離婚予定日、極上社長は契約妻を甘く堕とす
「……挨拶に行った方がいいでしょうか。不義理ですよね」


 彼らのおかげで私は育ち、無事に社会人になったことには間違いないのだから。にも拘らず、なんの連絡もしないなんて普通に考えてありえないことだろう。

 彼の性格的に随分早めに自立したせいか、和也さんもあまり実家との交流は深くない様子だ。だけど、私の場合と違うのは、節目に連絡くらいは入れてるようだし、決して関係が希薄というわけでもない。

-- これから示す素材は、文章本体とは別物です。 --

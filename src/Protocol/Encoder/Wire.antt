-- ===== src/Protocol/Encoder/Wire.antt =====
-- The bytes of each message on the wire, and `encode` against them.
use low_latency_market_data.Common.{
  ℕ, ◌/◌, ◌%◌, ◌≤◌, ◌≡◌, refl, ap, ◌∙◌, List, [], ◌∷◌, ◌++◌, length, drop, map, ltb, ltb→le,
  Bool-cases, inl, inr, Expected, ok, err, arith, get_or, if◌then◌else◌, Option, some, ◌>>=◌,
}
use low_latency_market_data.Protocol.Messages.{
  AddOrder, CancelOrder, ExecuteOrder, ReplaceOrder, DecodedMessage, add, cancel, execute, replace,
  type_add, type_cancel, type_execute, type_replace, symbol_len, Symbol, add_wire_size,
  cancel_wire_size, execute_wire_size, replace_wire_size,
}
use low_latency_market_data.Protocol.ByteOrder.{to_u64}
use low_latency_market_data.Protocol.ByteOrder.Writes.{
  write_list, le_bytes, write_list_front, next_u8, next_u16, next_u32, next_u64, next_i64,
}
use low_latency_market_data.Protocol.Encoder.{
  EncodeError, buffer_too_small, put_chars, write_add, write_cancel, write_execute, write_replace,
  encode_add, encode_cancel, encode_execute, encode_replace, encode,
}

abbrev pub u64 : ℕ → List ℕ
u64 v = le_bytes 8 0 v

abbrev pub u32 : ℕ → List ℕ
u32 v = le_bytes 4 0 v

-- The three bytes [type][length: u16] of a header.
abbrev header : ℕ → ℕ → List ℕ
header type len = (type % 256) ∷ (len % 256) ∷ (len / 256 % 256) ∷ []

abbrev chars : Symbol → List ℕ
chars s = map (λ c. c % 256) s

-- [type][length][payload], each field little-endian in the order of the struct.
abbrev pub wire : DecodedMessage → List ℕ
wire (add m) =
    header type_add add_wire_size
    ++ (u64 m.seq_num
        ++ (u64 m.order_id
            ++ (chars m.symbol
                ++ ((m.side % 256)
                    ∷ (u64 (to_u64 m.price) ++ (u32 m.quantity ++ u64 m.timestamp))))))
wire (cancel m) =
    header type_cancel cancel_wire_size ++ (u64 m.seq_num ++ (u64 m.order_id ++ u64 m.timestamp))
wire (execute m) =
    header type_execute execute_wire_size
    ++ (u64 m.seq_num ++ (u64 m.order_id ++ (u32 m.executed_quantity ++ u64 m.timestamp)))
wire (replace m) =
    header type_replace replace_wire_size
    ++ (u64 m.seq_num
        ++ (u64 m.old_order_id
            ++ (u64 m.new_order_id
                ++ (u64 (to_u64 m.price) ++ (u32 m.quantity ++ u64 m.timestamp)))))

-- A symbol of eight characters, written out.
pub symbol_chars :
    (s : Symbol)
    → length s ≡ symbol_len
    → s
      ≡ get_or s 0 0
        ∷ get_or s 1 0
        ∷ get_or s 2 0
        ∷ get_or s 3 0
        ∷ get_or s 4 0
        ∷ get_or s 5 0
        ∷ get_or s 6 0
        ∷ get_or s 7 0
        ∷ []
symbol_chars (a ∷ b ∷ c ∷ d ∷ e ∷ f ∷ g ∷ h ∷ []) p = refl
symbol_chars _ p = absurd (omega arith)

-- The `put_*` calls of a message write its bytes one after the other from the front.
write_cancel-wire :
    (m : CancelOrder) (out : List ℕ)
    → cancel_wire_size ≤ length out
    → write_cancel m out ≡ some (write_list out 0 (wire (cancel m)))
unfolding write_cancel write_list
write_cancel-wire m out h =
    let x1 = (type_cancel % 256) ∷ [] in
    let x3 = header type_cancel cancel_wire_size in
    let x11 = x3 ++ u64 m.seq_num in
    let x19 = x11 ++ u64 m.order_id in
    rw
      (
        next_u8 out [] type_cancel (omega arith),
        next_u16 out x1 (cancel_wire_size % 65536) (omega arith),
        next_u64 out x3 m.seq_num (omega arith),
        next_u64 out x11 m.order_id (omega arith),
        next_u64 out x19 m.timestamp (omega arith),
      )
      refl

write_execute-wire :
    (m : ExecuteOrder) (out : List ℕ)
    → execute_wire_size ≤ length out
    → write_execute m out ≡ some (write_list out 0 (wire (execute m)))
unfolding write_execute write_list
write_execute-wire m out h =
    let x1 = (type_execute % 256) ∷ [] in
    let x3 = header type_execute execute_wire_size in
    let x11 = x3 ++ u64 m.seq_num in
    let x19 = x11 ++ u64 m.order_id in
    let x23 = x19 ++ u32 m.executed_quantity in
    rw
      (
        next_u8 out [] type_execute (omega arith),
        next_u16 out x1 (execute_wire_size % 65536) (omega arith),
        next_u64 out x3 m.seq_num (omega arith),
        next_u64 out x11 m.order_id (omega arith),
        next_u32 out x19 m.executed_quantity (omega arith),
        next_u64 out x23 m.timestamp (omega arith),
      )
      refl

write_replace-wire :
    (m : ReplaceOrder) (out : List ℕ)
    → replace_wire_size ≤ length out
    → write_replace m out ≡ some (write_list out 0 (wire (replace m)))
unfolding write_replace write_list
write_replace-wire m out h =
    let x1 = (type_replace % 256) ∷ [] in
    let x3 = header type_replace replace_wire_size in
    let x11 = x3 ++ u64 m.seq_num in
    let x19 = x11 ++ u64 m.old_order_id in
    let x27 = x19 ++ u64 m.new_order_id in
    let x35 = x27 ++ u64 (to_u64 m.price) in
    let x39 = x35 ++ u32 m.quantity in
    rw
      (
        next_u8 out [] type_replace (omega arith),
        next_u16 out x1 (replace_wire_size % 65536) (omega arith),
        next_u64 out x3 m.seq_num (omega arith),
        next_u64 out x11 m.old_order_id (omega arith),
        next_u64 out x19 m.new_order_id (omega arith),
        next_i64 out x27 m.price (omega arith),
        next_u32 out x35 m.quantity (omega arith),
        next_u64 out x39 m.timestamp (omega arith),
      )
      refl

write_add_explicit :
    (m : AddOrder) (a b c d e f g h : ℕ) (out : List ℕ)
    → add_wire_size ≤ length out
    → m.symbol ≡ a ∷ b ∷ c ∷ d ∷ e ∷ f ∷ g ∷ h ∷ []
    → write_add m out ≡ some (write_list out 0 (wire (add m)))
unfolding write_add put_chars write_list
write_add_explicit m a b c d e f g h out room p =
    let x1 = (type_add % 256) ∷ [] in
    let x3 = header type_add add_wire_size in
    let x11 = x3 ++ u64 m.seq_num in
    let x19 = x11 ++ u64 m.order_id in
    let x20 = x19 ++ (a % 256) ∷ [] in
    let x21 = x20 ++ (b % 256) ∷ [] in
    let x22 = x21 ++ (c % 256) ∷ [] in
    let x23 = x22 ++ (d % 256) ∷ [] in
    let x24 = x23 ++ (e % 256) ∷ [] in
    let x25 = x24 ++ (f % 256) ∷ [] in
    let x26 = x25 ++ (g % 256) ∷ [] in
    let x27 = x26 ++ (h % 256) ∷ [] in
    let x28 = x27 ++ (m.side % 256) ∷ [] in
    let x36 = x28 ++ u64 (to_u64 m.price) in
    let x40 = x36 ++ u32 m.quantity in
    rw
      (
        p,
        next_u8 out [] type_add (omega arith),
        next_u16 out x1 (add_wire_size % 65536) (omega arith),
        next_u64 out x3 m.seq_num (omega arith),
        next_u64 out x11 m.order_id (omega arith),
        next_u8 out x19 a (omega arith),
        next_u8 out x20 b (omega arith),
        next_u8 out x21 c (omega arith),
        next_u8 out x22 d (omega arith),
        next_u8 out x23 e (omega arith),
        next_u8 out x24 f (omega arith),
        next_u8 out x25 g (omega arith),
        next_u8 out x26 h (omega arith),
        next_u8 out x27 m.side (omega arith),
        next_i64 out x28 m.price (omega arith),
        next_u32 out x36 m.quantity (omega arith),
        next_u64 out x40 m.timestamp (omega arith),
      )
      refl

write_add-wire :
    (m : AddOrder) (out : List ℕ)
    → length m.symbol ≡ symbol_len
    → add_wire_size ≤ length out
    → write_add m out ≡ some (write_list out 0 (wire (add m)))
write_add-wire m out p room =
    write_add_explicit m _ _ _ _ _ _ _ _ out room (symbol_chars m.symbol p)

abbrev pub wire_size : DecodedMessage → ℕ
wire_size (add m) = add_wire_size
wire_size (cancel m) = cancel_wire_size
wire_size (execute m) = execute_wire_size
wire_size (replace m) = replace_wire_size

-- A symbol is an array of eight characters.
abbrev pub HasSymbol : DecodedMessage → Type 0
HasSymbol (add m) = length m.symbol ≡ symbol_len
HasSymbol _ = Unit {0}

length-wire_explicit :
    (m : AddOrder) (a b c d e f g h : ℕ)
    → m.symbol ≡ a ∷ b ∷ c ∷ d ∷ e ∷ f ∷ g ∷ h ∷ []
    → length (wire (add m)) ≡ add_wire_size
length-wire_explicit m a b c d e f g h p = rw p

pub length-wire : (m : DecodedMessage) → HasSymbol m → length (wire m) ≡ wire_size m
length-wire (add m) p = length-wire_explicit m _ _ _ _ _ _ _ _ (symbol_chars m.symbol p)
length-wire (cancel m) p = refl
length-wire (execute m) p = refl
length-wire (replace m) p = refl

-- The bytes of `m` at the front of a span that has room for them.
written :
    (m : DecodedMessage) (out : List ℕ)
    → HasSymbol m
    → wire_size m ≤ length out
    → write_list out 0 (wire m) ≡ wire m ++ drop (wire_size m) out
written m out p h =
    write_list_front (wire m) out (omega (arith, length-wire m p))
    ∙ ap (λ n. wire m ++ drop n out) (length-wire m p)

-- What `encode` does on a span: refused and untouched, or the message's bytes at the front.
abbrev pub encoded : DecodedMessage → List ℕ → Expected EncodeError ℕ × List ℕ
encoded m out =
    if ltb (length out) (wire_size m)
    then (err buffer_too_small, out)
    else (ok (wire_size m), wire m ++ drop (wire_size m) out)

with_room :
    (m : DecodedMessage) (out : List ℕ) (body : Option (List ℕ))
    → HasSymbol m
    → (wire_size m ≤ length out → body ≡ some (write_list out 0 (wire m)))
    → (if ltb (length out) (wire_size m)
        then some (err buffer_too_small, out)
        else body >>= (λ out'. some (ok (wire_size m), out')))
      ≡ some (encoded m out)
with_room m out body p e = elim (Bool-cases (ltb (length out) (wire_size m))) [
  | inl short ↦ rw short
  | inr long ↦
      let room = ltb→le (length out) (wire_size m) long in rw (long, e room, written m out p room)
]

-- Each `encode` refuses a span that is too short and leaves it alone; otherwise it writes the bytes
-- of the message at the front of the span, leaves the rest alone and returns their number. It writes
-- nothing behind the end of the span.
pub encode_lem :
    (m : DecodedMessage) (out : List ℕ) → HasSymbol m → encode m out ≡ some (encoded m out)
unfolding encode encode_add encode_cancel encode_execute encode_replace
encode_lem (add m) out p = with_room (add m) out _ p (write_add-wire m out p)
encode_lem (cancel m) out p = with_room (cancel m) out _ p (write_cancel-wire m out)
encode_lem (execute m) out p = with_room (execute m) out _ p (write_execute-wire m out)
encode_lem (replace m) out p = with_room (replace m) out _ p (write_replace-wire m out)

そういう家で育ったのなら、私の両親への対応は薄情に見えるのじゃないだろうか。
 それが心配だったけれど、杞憂、だったのかもしれない。


「いずみが育った環境のことは、いずみにしかわからないから。どうするべきだとか言うつもりはない」


 手を伸ばして、私の頬を撫でてくる。その温かさも優しさも、変わらず損なわれていないように感じた。
 愛しむような目で見つめられて、心の奥が温かくなる。


「だけど、俺はいずみを産んだ人には一度、会ってみたいと思う。大切にすると伝えておきたい」


 その言葉を聞いて、不意に込み上げてくるものを感じて慌てて目を閉じた。